Deux grandes dames de la chanson reviennent et font l'unanimité du public et de la critique : Patachou, médaille de vermeil de la Ville de Paris (Variétés, septembre 1972, et Théâtre Fontaine, janvier 1973), et Cora Vaucaire, ange blanc de la chanson, qui a fait vivre avec tendresse et ironie, au Théâtre de la Ville (février 1973) les poèmes de Prévert, d'Aragon, de Gainsbourg ou la complainte du roi Renaud.

Parmi les chanteurs engagés, Jean Ferrat réussit à remplir le Palais des sports (octobre 1972), en dénonçant l'hypocrisie du monde moderne.

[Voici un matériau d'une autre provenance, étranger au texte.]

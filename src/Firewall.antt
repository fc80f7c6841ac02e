-- ===== src/Firewall.antt =====
-- firewall/firewall.go and firewall/expiry.go.
pub mod Rules
pub mod Tracking
pub mod Laws
pub mod Verdict
pub mod Parsed
pub mod History
pub mod Expiry
use neth.Base.{
  ℕ, ◌+◌, ◌*◌, Bool, true, false, not, ◌&&◌, List, [], ◌∷◌, if◌then◌else◌, ◌==◌, ◌=?◌, bytes_key,
  any,
}
use neth.Base.Text.{Text}
use neth.Net.{Addr, contains}
use Rules.{Rule, proto_any}
use Tracking.{Conntrack, packet_key, new_conntrack, track, is_established, expire}

pub record Firewall : Type 0 where
  pub inbound : List Rule
  pub outbound : List Rule
  pub ct : Conntrack

-- New
unfoldable pub new : List Rule → List Rule → Firewall
new inbound outbound = record { inbound = inbound; outbound = outbound; ct = new_conntrack }

unfoldable pub matches : Rule → Addr → List Text → ℕ → ℕ → Bool
matches r remote_ip remote_groups port proto =
    if not (r.proto == proto_any) && not (r.proto == proto)
    then false
    else if not r.port_any && not (r.port == port)
    then false
    else if not r.group_any && not (any (λ g. g =? r.group) remote_groups)
    then false
    else if not r.cid_any && not (contains r.cidr remote_ip)
    then false
    else true

-- The loop over the rules: the first that matches tracks the key.
unfoldable pub first_match : List Rule → ℕ → Addr → List Text → ℕ → ℕ → Conntrack → Conntrack × Bool
first_match [] now ip groups port proto ct = (ct, false)
first_match (r ∷ rs) now ip groups port proto ct =
    let rest = first_match rs now ip groups port proto ct in
    if matches r ip groups port proto then (track now (packet_key ip port proto) ct, true) else rest

unfoldable pub allow : List Rule → ℕ → Addr → List Text → ℕ → ℕ → Conntrack → Conntrack × Bool
allow rules now ip groups port proto ct =
    if is_established (packet_key ip port proto) ct
    then (ct, true)
    else first_match rules now ip groups port proto ct

-- AllowInbound, with the clock's reading.
unfoldable pub allow_inbound : ℕ → Addr → List Text → ℕ → ℕ → Firewall → Firewall × Bool
unfolding allow
allow_inbound now src_ip src_groups dst_port proto f =
    let (ct, ok) = allow f.inbound now src_ip src_groups dst_port proto f.ct in
    (record f { ct = ct }, ok)

-- AllowOutbound
unfoldable pub allow_outbound : ℕ → Addr → List Text → ℕ → ℕ → Firewall → Firewall × Bool
unfolding allow
allow_outbound now dst_ip dst_groups dst_port proto f =
    let (ct, ok) = allow f.outbound now dst_ip dst_groups dst_port proto f.ct in
    (record f { ct = ct }, ok)

abbrev pub second : ℕ
second = 1000000000

abbrev pub default_tcp_timeout : ℕ
default_tcp_timeout = 5 * 60 * second

abbrev pub default_udp_timeout : ℕ
default_udp_timeout = 30 * second

abbrev pub default_icmp_timeout : ℕ
default_icmp_timeout = 10 * second

-- ExpireWith
pub expire_with : ℕ → ℕ → ℕ → ℕ → Firewall → Firewall
expire_with tcp_timeout udp_timeout default_timeout now f = record f {
  ct = expire tcp_timeout udp_timeout default_timeout now f.ct;
}

-- RunExpiry, one tick.
unfoldable pub expiry_tick : ℕ → Firewall → Firewall
expiry_tick now f = record f {
  ct = expire default_tcp_timeout default_udp_timeout default_icmp_timeout now f.ct;
}
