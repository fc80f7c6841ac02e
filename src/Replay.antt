-- ===== src/Replay.antt =====
-- hostmap.go: the sliding window of a session, `HostInfo.CheckReplay` and `shiftWindow`.
-- The window is the array of 64 words of type uint64, bit 0 of word 0 standing for `windowEnd`.
-- Counters are uint64; every subtraction below is guarded as in the source, so none wraps.
pub mod Shift
pub mod Check
pub mod History
use neth.Base.{
  ℕ, zero, suc, ◌+◌, ◌-◌, ◌*◌, ◌/◌, ◌%◌, ◌^◌, ◌≤◌, ◌<◌, bit_and, bit_or, Bool, true, false, not,
  List, [], ◌∷◌, ltb, leb, ◌==◌, if◌then◌else◌, get_or, set, replicate,
}
use neth.Bits.{shl64, shr}

-- replayWindowSize
abbrev pub replay_window_size : ℕ
replay_window_size = 64 * 64

-- [64]uint64{}
abbrev pub empty_window : List ℕ
empty_window = replicate 64 0

-- The fields `windowEnd` and `window` of `HostInfo`.
pub record ReplayWindow : Type 0 where
  pub window_end : ℕ
  pub window : List ℕ

-- A session's window as Go makes it.
abbrev pub new_window : ReplayWindow
new_window = record { window_end = 0; window = empty_window }

-- The first loop, at the indices below the first argument: `w[i] = w[i - wordShift]`, or 0.
unfoldable pub shift_words : ℕ → ℕ → List ℕ → List ℕ
shift_words zero word_shift w = w
shift_words (suc i) word_shift w =
    shift_words i word_shift (set w i (if ltb i word_shift then 0 else get_or w (i - word_shift) 0))

-- The second loop, at the indices from the first argument down to 1.
unfoldable pub carry_bits : ℕ → ℕ → List ℕ → List ℕ
carry_bits zero bit_shift w = w
carry_bits (suc i) bit_shift w = carry_bits i bit_shift (
    set w (suc i)
      (bit_or (shl64 (get_or w (suc i) 0) bit_shift) (shr (get_or w i 0) (64 - bit_shift))))

-- `if bitShift > 0`: the second loop and `w[0] <<= bitShift`.
unfoldable pub shift_bits : ℕ → List ℕ → List ℕ
shift_bits bit_shift w =
    let carried = carry_bits 63 bit_shift w in
    if ltb 0 bit_shift then set carried 0 (shl64 (get_or carried 0 0) bit_shift) else w

unfoldable pub shift_window : List ℕ → ℕ → List ℕ
shift_window w n =
    let word_shift = n / 64 in
    let bit_shift = n % 64 in
    if leb 64 word_shift then empty_window else shift_bits bit_shift (shift_words 64 word_shift w)

-- h.window[word] |= 1 << bit
unfoldable pub mark : List ℕ → ℕ → List ℕ
mark w pos = set w (pos / 64) (bit_or (get_or w (pos / 64) 0) (shl64 1 (pos % 64)))

-- The branch `counter > end`.
unfoldable pub advance : ReplayWindow → ℕ → ReplayWindow
unfolding mark
advance h counter =
    let diff = counter - h.window_end in
    let shifted =
      if leb replay_window_size diff then empty_window else shift_window h.window diff in
    record { window_end = counter; window = set shifted 0 (bit_or (get_or shifted 0 0) 1) }

-- The branch of a counter inside the window, `pos` below its end.
unfoldable pub check_inside : ReplayWindow → ℕ → ReplayWindow × Bool
check_inside h pos =
    if not (bit_and (get_or h.window (pos / 64) 0) (shl64 1 (pos % 64)) == 0)
    then (h, true)
    else (record h { window = mark h.window pos }, false)

-- CheckReplay: the new window, and whether the packet is a replay or too old.
unfoldable pub check_replay : ReplayWindow → ℕ → ReplayWindow × Bool
check_replay h counter =
    if ltb h.window_end counter
    then (advance h counter, false)
    else if leb replay_window_size (h.window_end - counter)
    then (h, true)
    else check_inside h (h.window_end - counter)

À la même époque, mais à l'Olympia, Léo Ferré fait un bide retentissant.

Ainsi, 1973 n'aura pas été une année consacrée entièrement aux éloges. Mireille Mathieu, lors de son passage à l'Olympia (février 1973), ne réussit pas à enthousiasmer son public. Elle rejoint ainsi le lot de critiques adressées à Sylvie Vartan, qui, malgré son travail assidu, a partagé l'opinion (Olympia, septembre 1972). Seul son mari, Johnny Halliday, qui fait une carrière en dents de scie, a prouvé qu'il était toujours le plus grand showman français, avec quelques fauteuils cassés (Palais des sports, Lyon, avril 1973).

Régine, malgré son boa vivant et un spectacle constitué par des attractions entremêlées de chansons (Bobino, mars 1973), accomplit une performance pour certains, et présente, pour d'autres, un spectacle moyen. Georgette Lemaire dans un Musicorama à l'Olympia (mars 1973) est jugée sévèrement par certains critiques qui trouvent son style passé de mode. Néanmoins elle revient à l'Olympia (mai 1973).

Duos

Les duos semblent redevenir à la mode. Stone et Eric Charden, célèbres fabricants de tubes, ont opté depuis longtemps pour ce genre d'interprétation. Comme le propre de tout chanteur est d'imiter les tics, la voix et le genre des autres vedettes, nous avons vu fleurir cette année le duo de Dalida et d'Alain Delon, avec Paroles, paroles, succès qui s'apprête à franchir le Rhin sous le titre Sprechen sie Deutsch? (!). Sheila et Ringo ont roucoulé Gondoles à Venise et bientôt Mireille Darc et Dany s'uniront le temps d'un disque pour avouer Un homme, c'est bon ! Quant à Sylvie et Johnny, on attend leur duo. Mais à côté de ces unions éphémères annoncées à grand renfort de publicité, deux scènes parisiennes ont fait revivre des duos célèbres qui n'ont pas pris une ride en 1973. À la Belle Époque, Eddy Constantine et Jeff Davis ont chanté leur jeunesse. À l'Olympia, le trop bref retour de Roche et Aznavour a fait découvrir (et applaudir) par la génération présente Le feutre taupe et Départ express.

Mort Shuman (ou un Américain à Paris), traducteur de Brel à l'usage de ses compatriotes, conquiert les Français avec Amerika (paroles d'E. Roda-Gil) où il mélange humour et amour, et surtout Le lac Majeur, qui lient solidement le no 1 du Hit Parade.

Mike Brant remporte trois disques d'or avec Qui saura, C'est ma prière, Rien qu'une larme dans tes yeux.

Demis Roussos, transfuge des Aphrodite's Child, écrit et chante de curieuses chansons qui entremêlent la poésie et le réalisme.

À l'étranger, la France exporte toujours ses vedettes, mais, fait surprenant, un Français totalement inconnu, Danyel Gérard, vend, en Allemagne, 4 millions de disques de sa chanson Butterfly et touche à la télévision d'outre-Rhin des cachets fabuleux.

Prix

À l'instar des prix littéraires, les prix couronnant les chansons ou les interprètes se multiplient, à tel point que le chanteur « qui-n'aura-reçu-aucun-prix » sera sûr de se singulariser... Ces concours ressemblent souvent à un radio-crochet. En juillet 1972, la Rose d'or d'Antibes est remportée par Jean-Pierre Savelli (Le ciel), Georges Chelon arrivant en seconde position avec Les années glissent sur ta vie ; Roger Mathieu (J'entre dans ton lit) et Lenny Kuhr (Pense à moi) se partagent le prix d'interprétation.

Au cours de la Nuit du cinéma (novembre 1972), le prix Triomphe a été décerné pour les variétés à Charles Aznavour et, pour la chanson, à Stone et Eric Charden. Quant au prix Révélation, il revient à Véronique Sanson, Mike Brant et Mort Shuman. Celui du Groupe, aux Delta Rythm Boys. Le prix Danse 1972 est attribué à Régine pour Le slag et celui du Tube 1972 à Eddie Barclay pour Pop corn.